# civility



## Capt-sheetrock (Dec 11, 2009)

I commented on a post a few days ago,,(can't even find it now) where I made a comment on a person from another forum. 

I would like to apoligize for that, as it was out of place and if I could find it, I would edit it (actually I'd ask Silver to delete it, as I can't edit on my useless computer).

Sometimes I get a little fired up and at times I shot off at the mouth when I should be quiet,,,,

Even a fish wouldn't get caught if he kept his BIG mouth shut !!!!

Again sorry guys !!


----------



## Workaholic (Dec 13, 2010)

I forgive you for the way you drug me through the mud. :thumbsup:


----------



## Capt-sheetrock (Dec 11, 2009)

Workaholic said:


> I forgive you for the way you drug me through the mud. :thumbsup:


Not you Work,,,, might have thought about it,,,,, but WAS able to hold myself back,,,, 

Actually it was about JP and since there are two folks who's name could be shortened to JP, one who is my friend and the one is nobody's friend,,, LOL,,, I hope the other is not lurking.

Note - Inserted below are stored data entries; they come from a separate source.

-- ===== src/Examples/Pods.antt =====
-- pkg/reconciler/pod.go and pvc.go on a concrete cluster.
use aerospike_operator.Prelude.{
  add_int, ◌≢◌, arith, ◌≡◌, refl, inl, inr, true, false, none, some, List, [], ◌∷◌, Text, codes,
  text_eq, Result, ok, err, pos, length, if◌then◌else◌,
}
use aerospike_operator.Api.{AerospikeCluster, ApiError, not_found}
use aerospike_operator.Reconciler.Types.{ConfigMap}
use aerospike_operator.Pods.Platform.{
  config_map_source, empty_dir, claim_source, pending, Platform, Pod, Claim, running,
}
use aerospike_operator.Pods.Api.{migrations, Api, delete_pod, WatchEvent, modified, deleted}
use aerospike_operator.Pods.Status.{
  any_container_failed, equal_fold, is_pod_in_failure_state, is_pod_running_and_ready, text_at,
}
use aerospike_operator.Pods.Durations.{has_byte, parse_duration}
use aerospike_operator.Pods.Claims.{
  pod_annotation, pvc_ttl_annotation, last_unmounted_on_annotation, claim_for,
  create_persistent_volume_claim, filter_available, get_persistent_volume_claim, is_available,
  most_recent,
}
use aerospike_operator.Pods.Sizes.{
  compute_cpu_request, compute_memory_request, compute_resource_limits, memory_of, sum_memory,
}
use aerospike_operator.Pods.Spec.{
  config_map_hash_annotation, add_claim, add_storage, blanks, compute_node_id, init_command, join,
  other_hosts, peer_list, pod_of, spec_of,
}
use aerospike_operator.Pods.Delete.{
  host_of, find_node, get_pod_with_index, list_cluster_pods, node_id_annotation,
  pod_has_migrations_in_progress, pod_name_at, remove, safe_delete, safe_delete_pod_with_index,
  wait_for_deletion, wait_for_migrations,
}
use aerospike_operator.Pods.Create.{
  add_volumes, claim_of, create_pod_with_index, inspect, mount_or_create, recreates, report,
  start_pod, wait_until_ready,
}
use aerospike_operator.Pods.Ensure.{
  create_missing, down_to, ensure_found, ensure_pod, ensure_pods, surplus, up_to,
}
use aerospike_operator.Prelude.Dict
use aerospike_operator.Action.{for_each}
use aerospike_operator.Prelude.Decimal.{print_ℤ}
use aerospike_operator.Pods.Trace.{Safe}
use aerospike_operator.Pods.Wanted.{rules_of, Fits, Suits}
use aerospike_operator.Pods.SafeEnsure.{ensure_pods-Safe, ensure_pods-creates, ensure_pods-claims}
use aerospike_operator.Reconciler.Reach.{IsReached, ensure_pods-IsReached}
use aerospike_operator.Asinit.{
  asinit_config, replace_from, starts_with, peer_lines, fields, pieces, without_empty,
}
use aerospike_operator.Asinit.Peers.{fields-peer_list}
use aerospike_operator.Collector.Claims.{
  ClaimApi, handle_claim, collect_since, collect_expired, collect_unmounted, delete_unless_mounted,
  delete,
}
use aerospike_operator.Collector.Reuse.{ExpiredAt, Unused, handle_claim-only, collected-unavailable}
use aerospike_operator.Examples.Clusters.{ns_with, plain, cluster_with}

-- Quantities and durations are not interpreted.
abbrev pub toy : Platform
toy = record {
  kube = plain;
  Quantity = Text;
  parse_quantity = λ s. some s;
  exceeds = λ a b. false;
  is_zero = λ q. false;
  requests_cpu = λ r. none;
  requests_memory = λ r. none;
  has_limits = λ r. false;
  limits_cpu = λ r. none;
  limits_memory = λ r. none;
  Float = Unit {0};
  parse_float = λ s. none;
  print_hours_of_days = λ f. [];
  parse_go_duration = λ s. ok (pos (length s));
  parse_time = λ s. ok (pos (length s));
  print_time = λ t. codes "now";
  md5_hex = λ s. s;
  debug_enabled = false;
  operator_version = codes "test";
}

abbrev pub Pods : Type 0
Pods = List (Pod toy)

abbrev find_pod : Text → Pods → Result ApiError (Pod toy)
find_pod name [] = err not_found
find_pod name (pod ∷ rest) =
    let later = find_pod name rest in if text_eq pod.name name then ok pod else later

abbrev without : Text → Pods → Pods
without name [] = []
without name (pod ∷ rest) =
    let later = without name rest in if text_eq pod.name name then later else pod ∷ later

abbrev ready : Pod toy → Pod toy
ready pod = record pod { status = record pod.status { phase = running; ready = true } }

abbrev follow : Pod toy → Pods → List (WatchEvent toy)
follow pod s = elim (find_pod pod.name s) [
  | ok found ↦ modified (ready found) ∷ []
  | err e ↦ deleted pod ∷ []
]

-- A server whose state is the list of its pods, which starts each pod at once.
abbrev pub server : Api toy Pods
server = record {
  get_pod = λ namespace name s. (find_pod name s, s);
  list_pods = λ namespace cluster s. (ok s, s);
  post_pod = λ pod s. (ok pod, pod ∷ s);
  remove_pod = λ pod s. (ok tt, without pod.name s);
  watch = λ pod s. (follow pod s, s);
  get_claim = λ namespace name s. (err not_found, s);
  list_claims = λ namespace cluster s. (ok [], s);
  post_claim = λ claim s. (ok claim, s);
  send_patch = λ old new s. (ok tt, s);
  nodes = λ pod s. (ok (text_at node_id_annotation pod.annotations ∷ []), s);
  migration_in_progress = λ pod name s. (ok false, s);
  wait_until_migrated = λ pod name s. (ok tt, s);
  request_info = λ pod command s. (ok ((codes "build", codes "4.2.0.3") ∷ []), s);
  cluster_size = λ pod s. (ok (pos (length s)), s);
  ticks = λ s. (2, s);
  now = λ s. (pos 0, s);
  sort_pods = λ less pods. pods;
  sort_claims = λ less claims. claims;
}

abbrev pub single : AerospikeCluster plain
single = cluster_with (codes "4.2.0.3") (pos 1) none

abbrev pub config : ConfigMap
config = record { name = codes "as-cluster"; hash = some (codes "abc"); config = none }

abbrev idle_cluster : AerospikeCluster plain
idle_cluster = cluster_with (codes "4.2.0.3") (pos 0) none

-- The pod that is created for the index 0.
abbrev pub first_pod : Pod toy
first_pod = record {
  name = codes "as-cluster-0";
  namespace = codes "prod";
  labels = (codes "app", codes "aerospike") ∷ (codes "cluster", codes "as-cluster") ∷ [];
  annotations =
      (config_map_hash_annotation, codes "abc") ∷ (node_id_annotation, codes "aas-cluster-0") ∷ [];
  spec = record {
    init_image = codes "quay.io/travelaudience/aerospike-operator-tools:test";
    init_command = init_command (codes "aas-cluster-0") [];
    image = codes "aerospike/aerospike-server:4.2.0.3";
    cpu_request = codes "1";
    memory_request = codes "4Gi";
    limits = record { cpu = none; memory = none };
    volume_mounts =
        (codes "aerospike-conf", codes "/aerospike-conf")
        ∷ (codes "data-ns-as-ns", codes "/opt/aerospike/data/as-ns")
        ∷ [];
    volume_devices = [];
    volumes =
        record {
          name = codes "aerospike-conf-src";
          source = config_map_source (codes "as-cluster");
        }
        ∷ record { name = codes "aerospike-conf"; source = empty_dir }
        ∷ record { name = codes "data-ns-as-ns"; source = claim_source [] }
        ∷ [];
    hostname = codes "as-cluster-0";
    subdomain = codes "as-cluster";
    node_selector = none;
    tolerations = none;
    anti_affinity = some (codes "as-cluster");
  };
  status = record {
    phase = pending;
    ready = false;
    pod_ip = [];
    init_container_statuses = [];
    container_statuses = [];
  };
}

abbrev first_claim : Claim toy
first_claim = claim_for single (codes "as-cluster-0") (ns_with none) (codes "1G")

abbrev bare : Pod toy
bare = record first_pod { spec = record first_pod.spec { volumes = [] } }

ensure_pods-Safe_example :
    Safe
      (rules_of idle_cluster config)
      []
      (ensure_pods server idle_cluster config none (bare ∷ [])).1.0
ensure_pods-Safe_example = ensure_pods-Safe idle_cluster config server none (bare ∷ [])

-- The pod is deleted after its migrations were asked for.
deleted_when_idle :
    (ensure_pods server idle_cluster config none (bare ∷ [])).1.0
    ≡ migrations bare false ∷ delete_pod bare ∷ []
unfolding equal_fold pod_name_at find_node list_cluster_pods get_pod_with_index
    pod_has_migrations_in_progress wait_for_deletion remove wait_for_migrations safe_delete
    safe_delete_pod_with_index down_to surplus up_to ensure_pods for_each print_ℤ Dict.lookup
    text_eq
deleted_when_idle = refl

ensure_pods-creates_example : Fits single config first_pod
unfolding any_container_failed is_pod_running_and_ready is_pod_in_failure_state claim_for
    filter_available most_recent get_persistent_volume_claim create_persistent_volume_claim
    memory_of sum_memory compute_cpu_request compute_memory_request compute_resource_limits join
    compute_node_id other_hosts blanks peer_list spec_of pod_of add_storage add_claim pod_name_at
    list_cluster_pods get_pod_with_index recreates mount_or_create claim_of add_volumes inspect
    wait_until_ready report start_pod create_pod_with_index down_to surplus up_to create_missing
    ensure_found ensure_pod ensure_pods for_each print_ℤ add_int Dict.lookup text_eq
ensure_pods-creates_example =
    ensure_pods-creates single config server none [] first_pod (inr (inl refl))

ensure_pods-IsReached_example : IsReached single first_pod.labels
unfolding any_container_failed is_pod_running_and_ready is_pod_in_failure_state claim_for
    filter_available most_recent get_persistent_volume_claim create_persistent_volume_claim
    memory_of sum_memory compute_cpu_request compute_memory_request compute_resource_limits join
    compute_node_id other_hosts blanks peer_list spec_of pod_of add_storage add_claim pod_name_at
    list_cluster_pods get_pod_with_index recreates mount_or_create claim_of add_volumes inspect
    wait_until_ready report start_pod create_pod_with_index down_to surplus up_to create_missing
    ensure_found ensure_pod ensure_pods for_each print_ℤ add_int Dict.lookup text_eq
ensure_pods-IsReached_example =
    ensure_pods-IsReached server single config none [] first_pod (inr (inl refl))

ensure_pods-claims_example : Suits single config first_claim
unfolding any_container_failed is_pod_running_and_ready is_pod_in_failure_state filter_available
    most_recent get_persistent_volume_claim create_persistent_volume_claim compute_cpu_request
    compute_memory_request spec_of pod_of add_storage pod_name_at list_cluster_pods
    get_pod_with_index recreates mount_or_create claim_of add_volumes inspect wait_until_ready
    report start_pod create_pod_with_index down_to surplus up_to create_missing ensure_found
    ensure_pod ensure_pods for_each print_ℤ text_eq
ensure_pods-claims_example = ensure_pods-claims single config server none [] first_claim (inl refl)

-- A garbage collector whose clock shows 100.
abbrev collector : ClaimApi toy Pods
collector = record {
  get_pod = λ namespace name s. (find_pod name s, s);
  delete_claim = λ namespace name s. (ok tt, s);
  now = λ s. (pos 100, s);
}

abbrev late_server : Api toy Pods
late_server = record server { now = λ s. (pos 100, s) }

abbrev old_claim : Claim toy
old_claim = record first_claim {
  annotations =
      (pod_annotation, codes "as-cluster-0")
      ∷ (pvc_ttl_annotation, codes "5h")
      ∷ (last_unmounted_on_annotation, codes "2018")
      ∷ [];
}

handle_claim-only_example :
    (old_claim ≡ old_claim)
    × ExpiredAt old_claim (pos 100)
    × Unused collector old_claim old_claim []
unfolding handle_claim collect_since collect_expired collect_unmounted delete_unless_mounted delete
    parse_duration has_byte Dict.lookup text_eq
handle_claim-only_example = handle_claim-only collector old_claim old_claim [] (inl refl)

collected-unavailable_example :
    (is_available late_server (codes "as-cluster-0") old_claim []).0 ≢ ok true
unfolding handle_claim collect_since collect_expired collect_unmounted delete_unless_mounted delete
    parse_duration has_byte Dict.lookup text_eq
collected-unavailable_example =
    collected-unavailable collector late_server old_claim (codes "as-cluster-0") [] [] (inl refl)
      (omega arith)

fields-peer_list_example :
    fields b',' (peer_list single (codes "as-cluster-1") (first_pod ∷ []))
    ≡ codes "as-cluster-0.as-cluster.prod" ∷ []
unfolding other_hosts host_of text_eq has_byte
fields-peer_list_example =
    fields-peer_list single (codes "as-cluster-1") (first_pod ∷ []) (refl, tt)

config_of_second_pod :
    asinit_config
      (codes "a1")
      (peer_list single (codes "as-cluster-1") (first_pod ∷ []))
      (codes "node-id __SERVICE__NODE_ID__ __NETWORK__HEARTBEAT__MESH_SEED_ADDRESS_PORT__")
    ≡ codes "node-id a1 mesh-seed-address-port as-cluster-0.as-cluster.prod 3002\n"
unfolding asinit_config replace_from starts_with peer_lines fields pieces without_empty peer_list
    blanks other_hosts host_of join text_eq
config_of_second_pod = refl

Either way,,,, it is always in bad taste to say what I did.


----------



## Workaholic (Dec 13, 2010)

I was just joking. 

Yeah it is sometimes hard to remember to not let the forums lines cross. I am guilty of it at times too especially when you see the same members on multiple sites.


----------



## cazna (Mar 28, 2010)

Capt-sheetrock said:


> I commented on a post a few days ago,,(can't even find it now) where I made a comment on a person from another forum.
> 
> I would like to apoligize for that, as it was out of place and if I could find it, I would edit it (actually I'd ask Silver to delete it, as I can't edit on my useless computer).
> 
> ...


We have all done this before capt, Its what we do after that counts:thumbsup:


----------



## 2buckcanuck (Jul 9, 2010)

cazna said:


> We have all done this before capt, Its what we do after that counts:thumbsup:


we start telling sheep jokes:whistling2::jester:


----------



## uwing (Jan 13, 2011)

Don't be a feelly belly. Next your gonna want a group hug.


----------



## cazna (Mar 28, 2010)

uwing said:


> Don't be a feelly belly. Next your gonna want a group hug.


 
WTF does feelly belly mean???? Is that amercian for dont be a pussy??


----------



## SlimPickins (Aug 10, 2010)

uwing said:


> Don't be a feelly belly. Next your gonna want a group hug.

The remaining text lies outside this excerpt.